- **Data for this exercise**:
------------
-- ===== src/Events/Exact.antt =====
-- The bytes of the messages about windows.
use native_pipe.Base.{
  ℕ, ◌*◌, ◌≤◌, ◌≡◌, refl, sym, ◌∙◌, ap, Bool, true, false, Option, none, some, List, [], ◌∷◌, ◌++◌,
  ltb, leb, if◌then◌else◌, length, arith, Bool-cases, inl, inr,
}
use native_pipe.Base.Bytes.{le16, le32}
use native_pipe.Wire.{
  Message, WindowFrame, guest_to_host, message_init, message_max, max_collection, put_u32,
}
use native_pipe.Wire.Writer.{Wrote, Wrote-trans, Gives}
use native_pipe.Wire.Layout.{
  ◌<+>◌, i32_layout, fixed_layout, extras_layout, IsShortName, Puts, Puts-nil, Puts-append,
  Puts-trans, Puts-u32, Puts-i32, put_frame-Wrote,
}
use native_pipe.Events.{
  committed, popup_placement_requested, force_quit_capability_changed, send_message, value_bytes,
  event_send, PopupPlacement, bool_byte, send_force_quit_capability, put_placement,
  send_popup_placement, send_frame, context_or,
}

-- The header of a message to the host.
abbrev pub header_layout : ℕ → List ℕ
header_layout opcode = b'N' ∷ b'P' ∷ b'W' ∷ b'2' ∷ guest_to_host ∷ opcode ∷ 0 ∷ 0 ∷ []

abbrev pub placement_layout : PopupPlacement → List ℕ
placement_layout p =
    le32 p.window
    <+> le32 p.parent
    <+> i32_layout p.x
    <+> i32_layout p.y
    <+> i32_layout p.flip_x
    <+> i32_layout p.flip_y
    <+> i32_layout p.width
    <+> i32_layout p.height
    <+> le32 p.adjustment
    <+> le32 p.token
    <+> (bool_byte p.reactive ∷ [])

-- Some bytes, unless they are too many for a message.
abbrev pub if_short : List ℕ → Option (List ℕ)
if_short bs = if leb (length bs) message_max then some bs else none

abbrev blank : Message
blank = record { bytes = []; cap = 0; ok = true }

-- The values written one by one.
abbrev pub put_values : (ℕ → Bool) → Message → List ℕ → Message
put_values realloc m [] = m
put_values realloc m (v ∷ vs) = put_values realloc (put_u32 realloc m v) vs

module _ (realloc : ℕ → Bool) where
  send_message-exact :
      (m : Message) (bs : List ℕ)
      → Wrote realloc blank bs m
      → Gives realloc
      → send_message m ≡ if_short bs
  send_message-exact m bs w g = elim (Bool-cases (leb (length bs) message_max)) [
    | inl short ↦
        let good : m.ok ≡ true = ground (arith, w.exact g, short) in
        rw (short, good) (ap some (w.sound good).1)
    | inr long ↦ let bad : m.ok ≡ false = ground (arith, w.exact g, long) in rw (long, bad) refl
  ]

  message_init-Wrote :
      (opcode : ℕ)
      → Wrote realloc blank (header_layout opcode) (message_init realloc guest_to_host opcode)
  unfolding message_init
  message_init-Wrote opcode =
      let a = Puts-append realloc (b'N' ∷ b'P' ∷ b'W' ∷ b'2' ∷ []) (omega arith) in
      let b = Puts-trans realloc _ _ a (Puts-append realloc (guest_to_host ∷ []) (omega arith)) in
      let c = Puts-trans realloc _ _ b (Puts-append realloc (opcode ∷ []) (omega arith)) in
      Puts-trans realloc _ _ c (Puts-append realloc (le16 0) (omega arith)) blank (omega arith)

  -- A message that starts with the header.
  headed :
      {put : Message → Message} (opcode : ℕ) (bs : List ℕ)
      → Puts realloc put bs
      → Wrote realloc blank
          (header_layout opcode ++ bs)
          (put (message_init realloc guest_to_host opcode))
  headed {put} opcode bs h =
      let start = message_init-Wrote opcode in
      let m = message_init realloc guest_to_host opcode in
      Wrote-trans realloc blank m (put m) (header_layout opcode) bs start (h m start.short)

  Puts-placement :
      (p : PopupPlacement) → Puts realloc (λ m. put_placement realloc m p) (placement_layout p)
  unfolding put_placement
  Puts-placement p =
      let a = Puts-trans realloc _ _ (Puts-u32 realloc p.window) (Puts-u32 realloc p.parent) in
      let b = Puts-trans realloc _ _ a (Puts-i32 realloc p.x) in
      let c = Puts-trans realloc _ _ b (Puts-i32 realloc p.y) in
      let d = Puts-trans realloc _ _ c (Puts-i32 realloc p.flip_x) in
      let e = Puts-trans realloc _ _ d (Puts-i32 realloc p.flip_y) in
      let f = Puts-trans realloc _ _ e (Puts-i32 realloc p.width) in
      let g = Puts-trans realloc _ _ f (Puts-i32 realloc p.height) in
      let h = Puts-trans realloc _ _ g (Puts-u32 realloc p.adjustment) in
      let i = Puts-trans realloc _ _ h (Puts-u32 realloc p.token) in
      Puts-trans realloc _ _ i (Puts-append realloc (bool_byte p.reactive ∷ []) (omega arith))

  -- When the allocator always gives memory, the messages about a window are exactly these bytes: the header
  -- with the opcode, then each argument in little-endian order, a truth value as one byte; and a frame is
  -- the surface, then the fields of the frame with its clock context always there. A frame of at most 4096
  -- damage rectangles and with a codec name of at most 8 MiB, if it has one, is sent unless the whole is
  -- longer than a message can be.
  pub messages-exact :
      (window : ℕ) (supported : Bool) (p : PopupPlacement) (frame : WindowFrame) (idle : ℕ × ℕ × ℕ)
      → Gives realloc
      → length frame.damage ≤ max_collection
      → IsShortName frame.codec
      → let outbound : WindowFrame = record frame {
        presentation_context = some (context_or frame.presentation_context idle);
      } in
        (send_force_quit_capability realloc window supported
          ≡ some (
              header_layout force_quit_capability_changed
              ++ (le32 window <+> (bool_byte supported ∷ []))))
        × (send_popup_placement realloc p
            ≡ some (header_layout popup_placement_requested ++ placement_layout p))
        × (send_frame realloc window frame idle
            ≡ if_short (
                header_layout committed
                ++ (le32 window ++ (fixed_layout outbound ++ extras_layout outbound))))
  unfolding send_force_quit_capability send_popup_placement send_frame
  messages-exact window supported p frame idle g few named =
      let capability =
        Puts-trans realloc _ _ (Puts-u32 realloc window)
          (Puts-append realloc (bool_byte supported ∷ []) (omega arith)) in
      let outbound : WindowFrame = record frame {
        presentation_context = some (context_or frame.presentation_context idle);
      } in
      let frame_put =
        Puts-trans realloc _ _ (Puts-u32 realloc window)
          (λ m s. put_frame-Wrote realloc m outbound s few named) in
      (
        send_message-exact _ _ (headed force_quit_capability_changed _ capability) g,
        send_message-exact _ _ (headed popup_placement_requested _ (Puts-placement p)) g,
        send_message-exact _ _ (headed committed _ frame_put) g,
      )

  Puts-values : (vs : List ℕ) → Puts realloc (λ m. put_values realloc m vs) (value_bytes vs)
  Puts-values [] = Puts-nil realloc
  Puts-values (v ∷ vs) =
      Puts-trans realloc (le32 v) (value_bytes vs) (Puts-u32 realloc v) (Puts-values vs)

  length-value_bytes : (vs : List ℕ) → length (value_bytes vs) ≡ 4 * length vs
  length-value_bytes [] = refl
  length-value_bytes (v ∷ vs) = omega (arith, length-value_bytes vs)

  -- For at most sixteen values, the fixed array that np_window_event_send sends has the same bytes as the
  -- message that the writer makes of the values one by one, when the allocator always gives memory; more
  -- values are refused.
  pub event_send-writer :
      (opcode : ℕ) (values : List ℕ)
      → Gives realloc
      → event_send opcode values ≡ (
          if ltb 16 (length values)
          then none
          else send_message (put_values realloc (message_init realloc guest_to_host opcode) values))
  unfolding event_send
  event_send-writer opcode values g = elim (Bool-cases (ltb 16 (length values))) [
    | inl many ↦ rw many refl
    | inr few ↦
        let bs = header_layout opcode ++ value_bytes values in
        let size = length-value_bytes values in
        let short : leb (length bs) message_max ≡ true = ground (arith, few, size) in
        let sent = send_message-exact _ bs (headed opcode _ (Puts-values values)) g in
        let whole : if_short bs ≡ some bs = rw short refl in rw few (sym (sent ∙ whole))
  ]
------------
- **Task prompt**:
Report all lines above with "many".

- **Answer for the task**:
-- Some bytes, unless they are too many for a message.
    | inl many ↦ rw many refl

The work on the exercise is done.